§ WHAT IS NEEDED:
From the entries that follow, copy exactly the lines beginning at the line holding "pub record InvOf" and continuing through the line holding "Passed-grows n releasing".
GIVEN RECORDS START
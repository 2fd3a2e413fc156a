-- ===== src/Bench/Release.antt =====
-- No worker of the barrier leaves the start line before all have come to it (bench/harness.hpp).
use lock_free_mpmc_queue.Base.{
  ℕ, zero, suc, ◌+◌, ◌%◌, ◌^◌, ◌≤◌, ◌<◌, ◌≡◌, ◌≢◌, Bool, true, false, Bool-cases, inl, inr,
  if◌then◌else◌, update, refl, sum_below, sum_below-update, sum_below-zero, arith, subst, sym,
}
use lock_free_mpmc_queue.Bench.Barrier.{
  WorkerPc, arriving, spinning, running, DriverPc, waiting, releasing, timing, BarrierSystem,
  worker_step, driver_step, lt_int, barrier_init, BarrierReach, start, works, drives,
}

abbrev pub has_arrived : WorkerPc → ℕ
has_arrived arriving = 0
has_arrived _ = 1

has_arrived-le : (pc : WorkerPc) → has_arrived pc ≤ 1
has_arrived-le arriving = omega arith
has_arrived-le spinning = omega arith
has_arrived-le running = omega arith

flags-le : (f : ℕ → WorkerPc) (n : ℕ) → sum_below has_arrived f n ≤ n
unfolding sum_below
flags-le f zero = omega arith
flags-le f (suc n) = omega (arith, has_arrived-le (f n), flags-le f n)

-- If as many have arrived as there are workers, each has.
pub all_arrived :
    (f : ℕ → WorkerPc) (n : ℕ) → n ≤ sum_below has_arrived f n → (j : ℕ) → j < n → f j ≢ arriving
all_arrived f n full j lt e =
    let without = sum_below-update has_arrived f j spinning n lt in
    let small = flags-le (update f j spinning) n in
    let none : has_arrived (f j) ≡ 0 = rw e refl in omega (arith, without, small, none)

abbrev pub Passed : ℕ → DriverPc → Bool → ℕ → Type 0
Passed n waiting go k = go ≡ false
Passed n releasing go k = (go ≡ false) × (n ≤ k)
Passed n timing go k = n ≤ k

pub record InvOf (n : ℕ) (s : BarrierSystem) : Type 0 where
  pub counts : s.barrier.arrived ≡ sum_below has_arrived s.worker n
  pub passed : Passed n s.driver s.barrier.released s.barrier.arrived
  pub runs : (j : ℕ) → s.worker j ≡ running → s.barrier.released ≡ true

Passed-grows :
    (n : ℕ) (d : DriverPc) (go : Bool) (k l : ℕ) → k ≤ l → Passed n d go k → Passed n d go l
Passed-grows n waiting go k l le h = h
Passed-grows n releasing go k l le h = (h.0, omega (arith, h.1))
Passed-grows n timing go k l le h = omega (arith, h)

-- `running` only where the worker that moves has seen go_.
moves-runs :
    (s : BarrierSystem) (i : ℕ) (pc : WorkerPc)
    → ((j : ℕ) → s.worker j ≡ running → s.barrier.released ≡ true)
    → (pc ≡ running → s.barrier.released ≡ true)
    → (j : ℕ) → update s.worker i pc j ≡ running
    → s.barrier.released ≡ true
moves-runs s i pc h own j = ground (arith, h j, own)

-- A worker that has arrived goes on.
waits-Inv :
    (n i : ℕ) (s : BarrierSystem) (pc : WorkerPc)
    → i < n
    → has_arrived (s.worker i) ≡ 1
    → has_arrived pc ≡ 1
    → (pc ≡ running → s.barrier.released ≡ true)
    → InvOf n s
    → InvOf n (record s { worker = update s.worker i pc })
waits-Inv n i s pc lt was is own h = record {
  counts = omega (arith, sum_below-update has_arrived s.worker i pc n lt, was, is, h.counts);
  passed = h.passed;
  runs = moves-runs s i pc h.runs own;
}

worker-Inv :
    (n i : ℕ) (s : BarrierSystem) (pc : WorkerPc)
    → n < 2 ^ 31
    → i < n
    → s.worker i ≡ pc
    → InvOf n s
    → InvOf n (worker_step i s pc)
unfolding worker_step
worker-Inv n i s arriving small lt e h =
    let sum = sum_below-update has_arrived s.worker i spinning n lt in
    let le = flags-le (update s.worker i spinning) n in
    let was : has_arrived (s.worker i) ≡ 0 = rw e refl in
    record {
      counts = omega (arith, sum, le, was, h.counts);
      passed =
          Passed-grows n s.driver s.barrier.released s.barrier.arrived
            ((s.barrier.arrived + 1) % 2 ^ 32) (omega (arith, sum, le, was, h.counts)) h.passed;
      runs = moves-runs s i spinning h.runs (λ x. cc);
    }
worker-Inv n i s spinning small lt e h = elim (Bool-cases s.barrier.released) [
  | inl g ↦
      let same : (if s.barrier.released then running else spinning) ≡ running = rw g refl in
      rw same (waits-Inv n i s running lt (rw e refl) refl (λ x. g) h)
  | inr g ↦
      let same : (if s.barrier.released then running else spinning) ≡ spinning = rw g refl in
      rw same (waits-Inv n i s spinning lt (rw e refl) refl (λ x. cc) h)
]
worker-Inv n i s running small lt e h =
    waits-Inv n i s running lt (rw e refl) refl (λ x. h.runs i e) h

driver-Inv :
    (n : ℕ) (s : BarrierSystem) (d : DriverPc)
    → n < 2 ^ 31
    → s.driver ≡ d
    → InvOf n s
    → InvOf n (driver_step n s d)
unfolding driver_step
driver-Inv n s waiting small e h =
    let passed : Passed n waiting s.barrier.released s.barrier.arrived =
      subst (λ d. Passed n d s.barrier.released s.barrier.arrived) e h.passed in
    let le = flags-le s.worker n in
    elim (Bool-cases (lt_int s.barrier.arrived (n % 2 ^ 32))) [
      | inl g ↦ rw g (record { counts = h.counts; passed = passed; runs = h.runs })
      | inr g ↦ rw g (record {
        counts = h.counts;
        passed = (passed, ground (arith, g, le, h.counts, small));
        runs = h.runs;
      })
    ]
driver-Inv n s releasing small e h =
    let passed : Passed n releasing s.barrier.released s.barrier.arrived =
      subst (λ d. Passed n d s.barrier.released s.barrier.arrived) e h.passed in
    record { counts = h.counts; passed = passed.1; runs = λ j r. refl }
driver-Inv n s timing small e h =
    let passed : Passed n timing s.barrier.released s.barrier.arrived =
      subst (λ d. Passed n d s.barrier.released s.barrier.arrived) e h.passed in
    record { counts = h.counts; passed = passed; runs = h.runs }

pub BarrierReach-Inv : (n : ℕ) {s : BarrierSystem} → n < 2 ^ 31 → BarrierReach n s → InvOf n s
BarrierReach-Inv n small start = record {
  counts = sym (sum_below-zero has_arrived barrier_init.worker n (λ _. refl));
  passed = refl;
  runs = λ j e. cc;
}
BarrierReach-Inv n small (works {s} r i lt) =
    worker-Inv n i s (s.worker i) small lt refl (BarrierReach-Inv n small r)
BarrierReach-Inv n small (drives {s} r) =
    driver-Inv n s s.driver small refl (BarrierReach-Inv n small r)

released-full : (n : ℕ) (d : DriverPc) (go : Bool) (k : ℕ) → Passed n d go k → go ≡ true → n ≤ k
released-full n waiting go k h e = cc
released-full n releasing go k h e = h.1
released-full n timing go k h e = h

-- With fewer than 2 ^ 31 workers, a worker of the barrier leaves the start line only when all the
-- workers have come to it.
pub leaves_together :
    (n : ℕ) {s : BarrierSystem}
    → n < 2 ^ 31
    → BarrierReach n s
    → (i j : ℕ) → j < n
    → s.worker i ≡ running
    → s.worker j ≢ arriving
leaves_together n {s} small r i j lt e =
    let inv = BarrierReach-Inv n small r in
    let full =
      released-full n s.driver s.barrier.released s.barrier.arrived inv.passed (inv.runs i e) in
    all_arrived s.worker n (omega (arith, full, inv.counts)) j lt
GIVEN RECORDS END
§ EXERCISE RESPONSE:
pub record InvOf (n : ℕ) (s : BarrierSystem) : Type 0 where
  pub counts : s.barrier.arrived ≡ sum_below has_arrived s.worker n
  pub passed : Passed n s.driver s.barrier.released s.barrier.arrived
  pub runs : (j : ℕ) → s.worker j ≡ running → s.barrier.released ≡ true

Passed-grows :
    (n : ℕ) (d : DriverPc) (go : Bool) (k l : ℕ) → k ≤ l → Passed n d go k → Passed n d go l
Passed-grows n waiting go k l le h = h
Passed-grows n releasing go k l le h = (h.0, omega (arith, h.1))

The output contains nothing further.